Inspect cortical margins for fracture lines and evaluate joint spaces for subluxation. Look for soft tissue swelling and foreign bodies. Report findings and recommend follow up imaging if healing assessment is required.

Finger Lateral

Overview

The lateral finger radiograph profiles the phalanges to assess displacement and angulation. The digit is positioned true lateral with adjacent fingers separated. This view is essential for evaluating dorsal or volar displacement and joint alignment.

Technique

Place the finger in true lateral with the plane of interest parallel to the detector. Use a small focal spot and immobilize the digit to reduce motion. Collimate tightly to minimize dose and improve image quality.

Clinical Indications

Lateral finger is indicated for trauma suspected dislocation and assessment of angulation.
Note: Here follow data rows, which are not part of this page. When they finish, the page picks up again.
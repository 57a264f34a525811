-- ===== src/Service/Started.antt =====
-- What a new service is, and what the first connection does to its table.
use dht_kad_rs.Base.{
  ℕ, ◌<◌, ◌≡◌, refl, ap, sym, ◌∙◌, List, [], ◌∷◌, ◌++◌, All-repeat, repeat, Outcome, Option, none,
  length, arith, done, exhausted,
}
use dht_kad_rs.Keyutil.{IsKey}
use dht_kad_rs.Kvstore.{Bytes, KvStore}
use dht_kad_rs.Kvstore.Laws.{IsMap}
use dht_kad_rs.Messages.{Protobuf, Message}
use dht_kad_rs.Messages.Utf8.{IsText}
use dht_kad_rs.Messages.Validity.{CanSend}
use dht_kad_rs.Messages.Util.{create_ping_response}
use dht_kad_rs.RoutingTable.{RoutingTable, update}
use dht_kad_rs.RoutingTable
use dht_kad_rs.RoutingTable.Peers.{Peer}
use dht_kad_rs.RoutingTable.Buckets
use dht_kad_rs.RoutingTable.First.{first_update, new_members, only, entered_by}
use dht_kad_rs.RoutingTable.Members.{members}
use dht_kad_rs.RoutingTable.Invariant.{new-IsWellFormed}
use dht_kad_rs.Rpc.{Method, serve}
use dht_kad_rs.Rpc.State.{DhtServer}
use dht_kad_rs.Rpc.Sender.{IsReady, SentBy}
use dht_kad_rs.Rpc.Answered.{ping_async_lem}
use dht_kad_rs.Transport.{Network}
use dht_kad_rs.Service.{wait_for_connection}
use dht_kad_rs.Service.Waiting.{IsQuiet, wait_for_connection_lem}
use dht_kad_rs.Service.Node.{DhtConfig, new, dht_client}

done_fst :
    {A B : Type 0} {a a' : A} {b b' : B}
    → ◌≡◌ {A = Outcome (A × B)} (done (a, b)) (done (a', b'))
    → a ≡ a'
done_fst e = cc

module _ {P : Protobuf} (net : Network P) {K : KvStore} {view : K.Store → Bytes → Option Bytes}
    (map_law : IsMap K view) (c : DhtConfig net) where
  -- From a configuration with `k` above zero, a `u128` for the identifier and an address that is written
  -- as a text that is not empty, `new` makes a service in good order: nobody is in its table, its store
  -- has no value, and its client can send.
  pub new_lem :
      0 < c.k
      → IsKey c.id
      → 0 < length (net.to_string c.address)
      → IsText (net.to_string c.address)
      → IsReady (new net K c).shared
        × (members (new net K c).shared.routing_table ≡ [])
        × ((key : Bytes) → view (new net K c).shared.kvstore key ≡ none)
        × CanSend (dht_client net (new net K c)).myself
  unfolding new dht_client RoutingTable.new Buckets.new
  new_lem pos key reachable text = (
    record { well_formed = new-IsWellFormed c.k _ key; room = pos },
    refl,
    map_law.view-new,
    record { key = key; reachable = reachable; text = text },
  )

  -- A ping of a valid sender at a new service, whose configuration has `k` above zero and a `u128` for the
  -- identifier, is answered and ends the wait for a first connection: the wait goes on over the table
  -- as it was before the ping, however often it is looked at, and ends at the table after the ping.
  pub first_connection :
      (m : Message P) (p : Peer) (before : ℕ) (rest : List RoutingTable)
      → 0 < c.k
      → IsKey c.id
      → SentBy m p
      → (s' : DhtServer K) × (serve K P Method.ping m (new net K c).shared
          ≡ (s', done (create_ping_response P)))
        × (wait_for_connection c.id (repeat before (new net K c).shared.routing_table) ≡ exhausted)
        × (wait_for_connection c.id
              (repeat before (new net K c).shared.routing_table ++ s'.routing_table ∷ rest)
            ≡ done tt)
  unfolding new serve RoutingTable.new
  first_connection m p before rest pos key from =
      let local : Peer = record { id = c.id; address = net.to_string c.address } in
      let s = (new net K c).shared in
      let w = new-IsWellFormed c.k local key in
      let ready : IsReady s = record { well_formed = w; room = pos } in
      let (s', e, entered, _) = ping_async_lem m p s ready from in
      let added : s'.routing_table ≡ entered_by p c.k local =
        done_fst (sym entered.updated ∙ first_update c.k local p pos) in
      let (waits, ends) =
        wait_for_connection_lem c.id (repeat before s.routing_table) s'.routing_table rest
          (All-repeat IsQuiet before s.routing_table (w, new_members c.k local))
          (
            entered.ready.well_formed,
            only p,
            ap (λ (t : RoutingTable). t.buckets) added,
            omega arith,
          ) in
      (s', e, waits, ends)
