-- ===== src/Handlers/Bootstrap/Removal.antt =====
-- Which bills the removal pass of `BootstrapBills` deletes.
use billtracker_plugin.Base.{
  ℕ, ◌≡◌, refl, ap, ◌∙◌, sym, Bool, true, false, not, ◌&&◌, Option, List, [], ◌∷◌, Bytes, select,
  exists, ◌==◌, Bool-cases, inl, inr, if◌then◌else◌,
}
use billtracker_plugin.Base.Int.{ℤ, pos, id_is}
use billtracker_plugin.Errors.{Result}
use billtracker_plugin.Clock.{Clock}
use billtracker_plugin.Connectors.{Registry}
use billtracker_plugin.Crypto.{Aead}
use billtracker_plugin.Schedule.{BillDefinition}
use billtracker_plugin.Models.Rows.{Tables}
use billtracker_plugin.Models.Database.{Db, Exec, pure, statement}
use billtracker_plugin.Models.Database.Quiet.{quiet, ignoring_runs}
use billtracker_plugin.Models.Bills
use billtracker_plugin.Models.Bills.{without_definition}
use billtracker_plugin.Handlers.Bootstrap.{remove_unseen}

module _ {A : Type 0} where
  select_everything : (xs : List A) → select (λ x. true) xs ≡ xs
  select_everything [] = refl
  select_everything (x ∷ xs) = ap (λ ys. x ∷ ys) (select_everything xs)

  -- Two selections in a row are one by both tests.
  select_twice :
      (p q r : A → Bool) (xs : List A)
      → ((x : A) → (q x && p x) ≡ r x)
      → select p (select q xs) ≡ select r xs
  select_twice p q r [] both = refl
  select_twice p q r (x ∷ xs) both = elim (Bool-cases (q x)) [
    | inl e ↦ rw (e, ← both x, e, select_twice p q r xs both)
    | inr e ↦ rw (e, ← both x, e) (select_twice p q r xs both)
  ]

not_either : (a b : Bool) → (not a && not b) ≡ not (if a then true else b)
not_either true b = refl
not_either false b = refl

-- A bill that bills.json manages but no longer lists.
abbrev pub is_unlisted : (Bytes → Bool) → BillDefinition → Bool
is_unlisted listed d = d.bootstrap_managed && not (listed d.name)

-- Whether the number is the id of such a bill.
abbrev pub is_doomed : (Bytes → Bool) → List BillDefinition → ℕ → Bool
is_doomed listed ds k = exists (λ d. is_unlisted listed d && d.id == k) ds

module _ (read_file : Bytes → Option Bytes) (gcm : Aead) (random : Bytes → Option Bytes)
    (registry : Registry) (clock : Clock) (minutes days : ℤ) (listed : Bytes → Bool) where
  abbrev removal : List BillDefinition → Exec (Unit {0})
  removal = remove_unseen read_file gcm random registry clock minutes days listed

  delete_first :
      (d : BillDefinition) (ds : List BillDefinition) (t : Tables)
      → is_unlisted listed d ≡ true
      → removal (d ∷ ds) (quiet t) ≡ removal ds (quiet (without_definition (id_is (pos d.id)) t))
  unfolding remove_unseen Bills.delete statement
  delete_first d ds t e = rw e (ignoring_runs _ _ _)

  keep_first :
      (d : BillDefinition) (ds : List BillDefinition) (t : Tables)
      → is_unlisted listed d ≡ false
      → removal (d ∷ ds) (quiet t) ≡ removal ds (quiet t)
  unfolding remove_unseen
  keep_first d ds t e = rw e

  -- On a database that fails nothing, the removal pass over a list of bills deletes just the
  -- definitions with the id of a bill of the list that bills.json manages and no longer lists, and
  -- leaves the others as they are and in their places.
  pub remove_unseen_removes :
      (ds : List BillDefinition) (t : Tables)
      → (remove_unseen read_file gcm random registry clock minutes days listed ds
          (quiet t)).1.tables.bill_definitions
        ≡ select (λ d. not (is_doomed listed ds d.id)) t.bill_definitions
  remove_unseen_removes [] t =
      unfold remove_unseen pure in sym (select_everything t.bill_definitions)
  remove_unseen_removes (d ∷ ds) t = elim (Bool-cases (is_unlisted listed d)) [
    | inl e ↦
        ap (λ (x : Result (Unit {0}) × Db). x.1.tables.bill_definitions) (delete_first d ds t e)
        ∙ remove_unseen_removes ds (without_definition (id_is (pos d.id)) t)
        ∙ select_twice _ _ _ t.bill_definitions
            (λ x. rw e (not_either (d.id == x.id) (is_doomed listed ds x.id)))
    | inr e ↦
        ap (λ (x : Result (Unit {0}) × Db). x.1.tables.bill_definitions) (keep_first d ds t e)
        ∙ rw e (remove_unseen_removes ds t)
  ]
It complements PA and oblique views for comprehensive evaluation. It guides management decisions for reduction and fixation.

Image Assessment

Assess dorsal or volar displacement and measure angulation when present. Evaluate joint congruity and soft tissue swelling. Report findings and recommend orthopedic consultation when indicated.
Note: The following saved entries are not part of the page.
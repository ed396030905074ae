-- ===== src/Handlers/Events.antt =====
-- internal/handlers/events.go: the calendar events of unpaid bills, and the action that marks one
-- paid. Handlers.Auth puts the guard of the bearer token around both.
pub mod Taps
pub mod Refusals
use billtracker_plugin.Base.{
  ℕ, Bool, true, false, ◌||◌, Option, none, some, List, [], ◌∷◌, ◌++◌, map, Bytes, codes, same,
  is_space, cut_prefix, ◌==◌, if◌then◌else◌,
}
use billtracker_plugin.Base.Int.{ℤ}
use billtracker_plugin.Base.Atoi.{atoi, is_digit}
use billtracker_plugin.Base.Decimal.{decimal}
use billtracker_plugin.Float.{format_cents}
use billtracker_plugin.Errors.{Result, ok, err}
use billtracker_plugin.Calendar.{Date}
use billtracker_plugin.Models.Rows.{Instant, BillInstanceView}
use billtracker_plugin.Models.Database.{Exec, pure, attempt}
use billtracker_plugin.Models.Instances.{list_upcoming_unpaid, mark_paid}
use billtracker_plugin.Handlers.Forms.{parse_date}
use billtracker_plugin.Handlers.Auth.{Answer, bad_request, not_found, server_error, served}

-- `eventActionOut`.
pub record EventActionOut : Type 0 where
  pub id : Bytes
  pub label : Bytes
  pub requires_parent : Bool

-- `eventOut`: an all-day event on the day it starts, which ends a day later; the location and the
-- description are empty.
pub record EventOut : Type 0 where
  pub uid : Bytes
  pub summary : Bytes
  pub starts_at : Date
  pub all_day : Bool
  pub actions : List EventActionOut

-- `markPaidActions`.
unfoldable pub mark_paid_actions : List EventActionOut
mark_paid_actions =
    record { id = codes "mark_paid"; label = codes "Mark Paid"; requires_parent = true } ∷ []

abbrev pub uid_prefix : Bytes
uid_prefix = codes "bill-instance-"

-- `fmt.Sprintf("bill-instance-%d", …)`; ids are not negative.
unfoldable pub uid_of : ℕ → Bytes
uid_of id = uid_prefix ++ decimal id

abbrev pub event_out : BillInstanceView → EventOut
event_out inst = record {
  uid = uid_of inst.instance_id;
  summary = inst.name ++ codes " bill due (" ++ format_cents inst.amount_cents ++ codes ")";
  starts_at = inst.due_date;
  all_day = true;
  actions = mark_paid_actions;
}

abbrev list_events : Date → Exec (Answer (List EventOut))
list_events to =
    attempt (list_upcoming_unpaid to) (λ _. pure server_error)
      λ instances. pure (served (map event_out instances))

abbrev pub in_window : Option Date → Option Date → Exec (Answer (List EventOut))
in_window none to = pure bad_request
in_window (some from) none = pure bad_request
in_window (some from) (some to) = list_events to

-- `Events`, over its query parameters.
unfoldable pub events : Bytes → Bytes → Exec (Answer (List EventOut))
events from to = in_window (parse_date from) (parse_date to)

-- The longest beginning of digits.
unfoldable pub leading_digits : Bytes → Bytes
leading_digits [] = []
leading_digits (c ∷ s) = let rest = leading_digits s in if is_digit c then c ∷ rest else []

-- The text that `%d` takes: a sign and digits.
unfoldable pub number_text : Bytes → Bytes
number_text [] = []
number_text (c ∷ s) =
    if c == b'-' || c == b'+' then c ∷ leading_digits s else leading_digits (c ∷ s)

-- Before a number `Sscanf` skips spaces, and fails at the end of a line.
unfoldable pub scan_int : Bytes → Option ℤ
scan_int [] = none
scan_int (c ∷ s) =
    let further = scan_int s in
    if c == 10 then none else if is_space c then further else atoi (number_text (c ∷ s))

abbrev scan_behind : Option Bytes → Option ℤ
scan_behind none = none
scan_behind (some rest) = scan_int rest

-- `fmt.Sscanf(uid, "bill-instance-%d", …)`, which leaves what follows the number unread.
unfoldable pub scan_uid : Bytes → Option ℤ
scan_uid uid = scan_behind (cut_prefix uid uid_prefix)

abbrev pub mark_scanned : Instant → Option ℤ → Exec (Answer (Unit {0}))
mark_scanned now none = pure bad_request
mark_scanned now (some id) =
    attempt (mark_paid now id) (λ _. pure server_error) λ _. pure (served tt)

abbrev pub mark_in : Instant → Option Bytes → Exec (Answer (Unit {0}))
mark_in now none = pure bad_request
mark_in now (some uid) = mark_scanned now (scan_uid uid)

-- `Action`, over the action's id in the path and the uid in the body; `none` is a body that is no
-- JSON object of the right form.
unfoldable pub action : Instant → Bytes → Option Bytes → Exec (Answer (Unit {0}))
action now action_id uid =
    if same action_id (codes "mark_paid") then mark_in now uid else pure not_found

-- `Healthz`.
unfoldable pub healthz : Exec (Answer (Unit {0}))
healthz = pure (served tt)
Clavicle AP with Cephalad Angle

Overview

AP clavicle with cephalad angulation projects the clavicle free of thoracic structures for improved visualization. A slight cephalad tube tilt reduces overlap with the ribs and scapula. This view enhances detection of subtle fractures and displacement.

Technique

Center the detector to the clavicle and apply a cephalad tube angle typically 15 to 30 degrees. Ensure the patient is upright or supine and immobilize the arm to reduce motion. Collimate to the clavicle to minimize dose.

Clinical Indications

This projection is indicated when standard AP views do not adequately visualize the clavicle. It helps assess fracture displacement and involvement of adjacent joints. Follow up radiographs monitor healing and alignment.

Image Assessment

Evaluate cortical continuity clavicular alignment and displacement. Inspect for shortening and involvement of the acromioclavicular or sternoclavicular joints. Report findings for orthopedic management.

Scapula AP and Lateral

Overview

AP and lateral scapula views evaluate the scapular body spine and glenoid for fractures and deformity. The AP view images the scapula en face while the lateral view profiles the scapular body. These projections are used in trauma and shoulder pathology assessment.

Technique

For AP scapula position the arm across the chest and center the detector to the scapula. For lateral scapula rotate the patient to project the scapula laterally with the arm raised. Use appropriate exposure and immobilize the patient.

Clinical Indications

Scapula views are indicated for trauma with shoulder girdle injury and persistent localized pain. They detect scapular body fractures and glenoid rim involvement. CT is used for complex fractures and surgical planning.

Image Assessment

Assess scapular body contour spine acromion and glenoid rim for cortical disruption. Evaluate for associated rib or clavicle injuries. Report findings relevant to orthopedic referral.

Clavicle AP Axial

Overview

AP axial clavicle radiographs use tube angulation to better visualize medial and lateral clavicular ends. The axial projection reduces overlap with thoracic structures and improves detection of subtle fractures. It is useful in trauma and follow up imaging.

Technique

Apply a cephalad tube angle and center to the clavicle ensuring the entire bone is included. Use immobilization and appropriate exposure settings. Document angle used for reproducibility.

Clinical Indications

AP axial clavicle is indicated for suspected medial or lateral clavicle fractures and non union assessment. It complements standard AP views for comprehensive evaluation. Orthopedic consultation is guided by displacement and joint involvement.

Image Assessment

Evaluate cortical continuity and alignment at the sternoclavicular and acromioclavicular ends. Assess for shortening and comminution. Report findings and recommend further imaging if surgical planning is required.